# About this task:
Locate the line bearing "module _ (mem" in the material below, then reproduce it and each following line up to and including the line bearing "enqueue-append fuel entry".

┏━━

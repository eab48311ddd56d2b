-- ===== src/Ring/Calls/Enqueue.antt =====
-- `enqueue` of src/common/include/ring.hpp on a sound ring, with room and without.
use native.Mathlib.Nat.{one-le-pow, pow-le-pow_right}
use sqkio.Common.{
  ℕ, suc, ◌+◌, ◌-◌, ◌*◌, ◌^◌, ◌≤◌, ◌<◌, ◌≡◌, ◌≢◌, refl, sym, ap, ap₂, ◌∙◌, [], ◌∷◌, ◌++◌, bit_and,
  arith,
}
use sqkio.Common.Word.{add32, sub32}
use sqkio.Outcome.{ok}
use sqkio.Ring.{mt_rts, Config, Ring}
use sqkio.Ring.Copy.{Mem}
use sqkio.Ring.Elements.{scale}
use sqkio.Ring.Elements.Laws.{InRing}
use sqkio.Ring.Heads.Laws.{free_of, move_prod_head-full, hts_move_prod_head-full}
use sqkio.Ring.Calls.{enqueue_mt, enqueue_hts, enqueue}
use sqkio.Ring.Calls.Valid.{words, item, window, count, contents, IsValid}
use sqkio.Ring.Calls.Steps.{put_slot, after_put, PutWords, enqueue_step}
use sqkio.Ring.Calls.Slots.{slot-lt}
use sqkio.Ring.Calls.Items.{window-append, item-written_ne, item-written_self}

-- A bound on 2^k that `omega` can use.
pub IsValid-pow :
    {W : Type 0} {esize k : ℕ} {r : Ring W} → IsValid esize k r → (1 ≤ 2 ^ k) × (2 ^ k ≤ 2 ^ 30)
IsValid-pow {k} v = (one-le-pow k 2 (omega arith), pow-le-pow_right (omega arith) v.small)

module _ {W : Type 0} (cfg : Config) (k : ℕ) (r : Ring W) (v : IsValid cfg.esize k r) where
  -- The free entries that the producer computes are the capacity less the entries held.
  pub free_of_lem : free_of r + count cfg.esize r ≡ 2 ^ k - 1
  free_of_lem = omega (arith, IsValid-pow v, v)

  put_slot-eq : put_slot r ≡ bit_and (add32 r.cons.tail (count cfg.esize r)) (2 ^ k - 1)
  put_slot-eq = ap₂ bit_and (omega (arith, v)) v.mask_ok

  pub put_slot-lt : put_slot r < r.size
  put_slot-lt =
      omega (arith, put_slot-eq, slot-lt k (add32 r.cons.tail (count cfg.esize r)), v.size_ok)

  pub put-InRing : InRing cfg.esize r.size (put_slot r) 1
  put-InRing = record {
    slot = put_slot-lt;
    few = omega (arith, put_slot-lt);
    words = omega (arith, v.fits, ap (λ (t : ℕ). t * scale cfg.esize) v.size_ok);
    whole = v.whole;
  }

  after_put-IsValid :
      (mem : Mem W) → count cfg.esize r < 2 ^ k - 1 → IsValid cfg.esize k (after_put r mem)
  after_put-IsValid mem room = omega (arith, IsValid-pow v, v)

  module _ (mem entry : Mem W) (same : PutWords cfg 0 r entry mem)
      (room : count cfg.esize r < 2 ^ k - 1) where
    longer : sub32 (add32 r.prod.head 1) r.cons.tail ≡ suc (count cfg.esize r)
    longer = omega (arith, IsValid-pow v, v)

    keep :
        (s : ℕ)
        → s < 2 ^ k
        → s ≢ bit_and (add32 r.cons.tail (count cfg.esize r)) (2 ^ k - 1)
        → item cfg.esize mem s ≡ item cfg.esize r.mem s
    keep s lt ne =
        item-written_ne cfg.esize r.size (put_slot r) s entry r.mem mem put_slot-lt
          (omega (arith, v.size_ok)) (λ e. ne (e ∙ put_slot-eq)) same

    new :
        item cfg.esize mem (bit_and (add32 r.cons.tail (count cfg.esize r)) (2 ^ k - 1))
        ≡ words (scale cfg.esize) entry 0
    new =
        rw put_slot-eq at
          (item-written_self cfg.esize r.size (put_slot r) entry r.mem mem put_slot-lt same)

    after_put-contents :
        contents cfg.esize (after_put r mem)
        ≡ contents cfg.esize r ++ words (scale cfg.esize) entry 0 ∷ []
    after_put-contents =
        ap (λ (t : ℕ). window cfg.esize t mem r.cons.tail (sub32 (add32 r.prod.head 1) r.cons.tail))
          v.mask_ok
        ∙ ap (window cfg.esize (2 ^ k - 1) mem r.cons.tail) longer
        ∙ window-append cfg.esize k r.mem mem r.cons.tail (count cfg.esize r)
            (words (scale cfg.esize) entry 0) (omega (arith, v.small)) v.cons_in
            (omega (arith, room)) keep new
        ∙ ap
            (λ (t : ℕ).
              window cfg.esize t r.mem r.cons.tail (count cfg.esize r)
              ++ words (scale cfg.esize) entry 0 ∷ [])
            (sym v.mask_ok)

  -- With room, `enqueue` returns 1, keeps the ring sound and appends the element to its entries.
  pub enqueue-append :
      (fuel : ℕ) (entry : Mem W)
      → cfg.prod_sync ≢ mt_rts
      → count cfg.esize r < 2 ^ k - 1
      → (r' : Ring W) × (enqueue cfg (suc fuel) entry r ≡ ok (1, r'))
        × IsValid cfg.esize k r'
        × (contents cfg.esize r' ≡ contents cfg.esize r ++ words (scale cfg.esize) entry 0 ∷ [])
        × (r'.memzone_size ≡ r.memzone_size)
  enqueue-append fuel entry coded room =
      let (mem, runs, same) = enqueue_step cfg fuel r entry coded v.prod_done has_room put-InRing in
      (
        after_put r mem,
        runs,
        after_put-IsValid mem room,
        after_put-contents mem entry same room,
        refl,
      )
    where
      has_room : 0 < free_of r
      has_room = omega (arith, free_of_lem)

  -- On a full ring `enqueue` returns 0 and changes nothing.
  pub enqueue-full :
      (fuel : ℕ) (entry : Mem W)
      → cfg.prod_sync ≢ mt_rts
      → count cfg.esize r ≡ 2 ^ k - 1
      → enqueue cfg (suc fuel) entry r ≡ ok (0, r)
  unfolding enqueue
  enqueue-full fuel entry coded full = ground (arith, by_mt, by_hts)
    where
      none_free : free_of r ≡ 0
      none_free = omega (arith, free_of_lem)

      by_mt : enqueue_mt cfg (suc fuel) entry r ≡ ok (0, r)
      by_mt = unfold enqueue_mt in rw (move_prod_head-full cfg fuel r 0 none_free)

      by_hts : enqueue_hts cfg (suc fuel) entry r ≡ ok (0, r)
      by_hts = unfold enqueue_hts in rw (hts_move_prod_head-full cfg fuel r v.prod_done none_free)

┗━━

# Response to the exercise:
  module _ (mem entry : Mem W) (same : PutWords cfg 0 r entry mem)
      (room : count cfg.esize r < 2 ^ k - 1) where
    longer : sub32 (add32 r.prod.head 1) r.cons.tail ≡ suc (count cfg.esize r)
    longer = omega (arith, IsValid-pow v, v)

    keep :
        (s : ℕ)
        → s < 2 ^ k
        → s ≢ bit_and (add32 r.cons.tail (count cfg.esize r)) (2 ^ k - 1)
        → item cfg.esize mem s ≡ item cfg.esize r.mem s
    keep s lt ne =
        item-written_ne cfg.esize r.size (put_slot r) s entry r.mem mem put_slot-lt
          (omega (arith, v.size_ok)) (λ e. ne (e ∙ put_slot-eq)) same

    new :
        item cfg.esize mem (bit_and (add32 r.cons.tail (count cfg.esize r)) (2 ^ k - 1))
        ≡ words (scale cfg.esize) entry 0
    new =
        rw put_slot-eq at
          (item-written_self cfg.esize r.size (put_slot r) entry r.mem mem put_slot-lt same)

    after_put-contents :
        contents cfg.esize (after_put r mem)
        ≡ contents cfg.esize r ++ words (scale cfg.esize) entry 0 ∷ []
    after_put-contents =
        ap (λ (t : ℕ). window cfg.esize t mem r.cons.tail (sub32 (add32 r.prod.head 1) r.cons.tail))
          v.mask_ok
        ∙ ap (window cfg.esize (2 ^ k - 1) mem r.cons.tail) longer
        ∙ window-append cfg.esize k r.mem mem r.cons.tail (count cfg.esize r)
            (words (scale cfg.esize) entry 0) (omega (arith, v.small)) v.cons_in
            (omega (arith, room)) keep new
        ∙ ap
            (λ (t : ℕ).
              window cfg.esize t r.mem r.cons.tail (count cfg.esize r)
              ++ words (scale cfg.esize) entry 0 ∷ [])
            (sym v.mask_ok)

  -- With room, `enqueue` returns 1, keeps the ring sound and appends the element to its entries.
  pub enqueue-append :
      (fuel : ℕ) (entry : Mem W)
      → cfg.prod_sync ≢ mt_rts
      → count cfg.esize r < 2 ^ k - 1
      → (r' : Ring W) × (enqueue cfg (suc fuel) entry r ≡ ok (1, r'))
        × IsValid cfg.esize k r'
        × (contents cfg.esize r' ≡ contents cfg.esize r ++ words (scale cfg.esize) entry 0 ∷ [])
        × (r'.memzone_size ≡ r.memzone_size)
  enqueue-append fuel entry coded room =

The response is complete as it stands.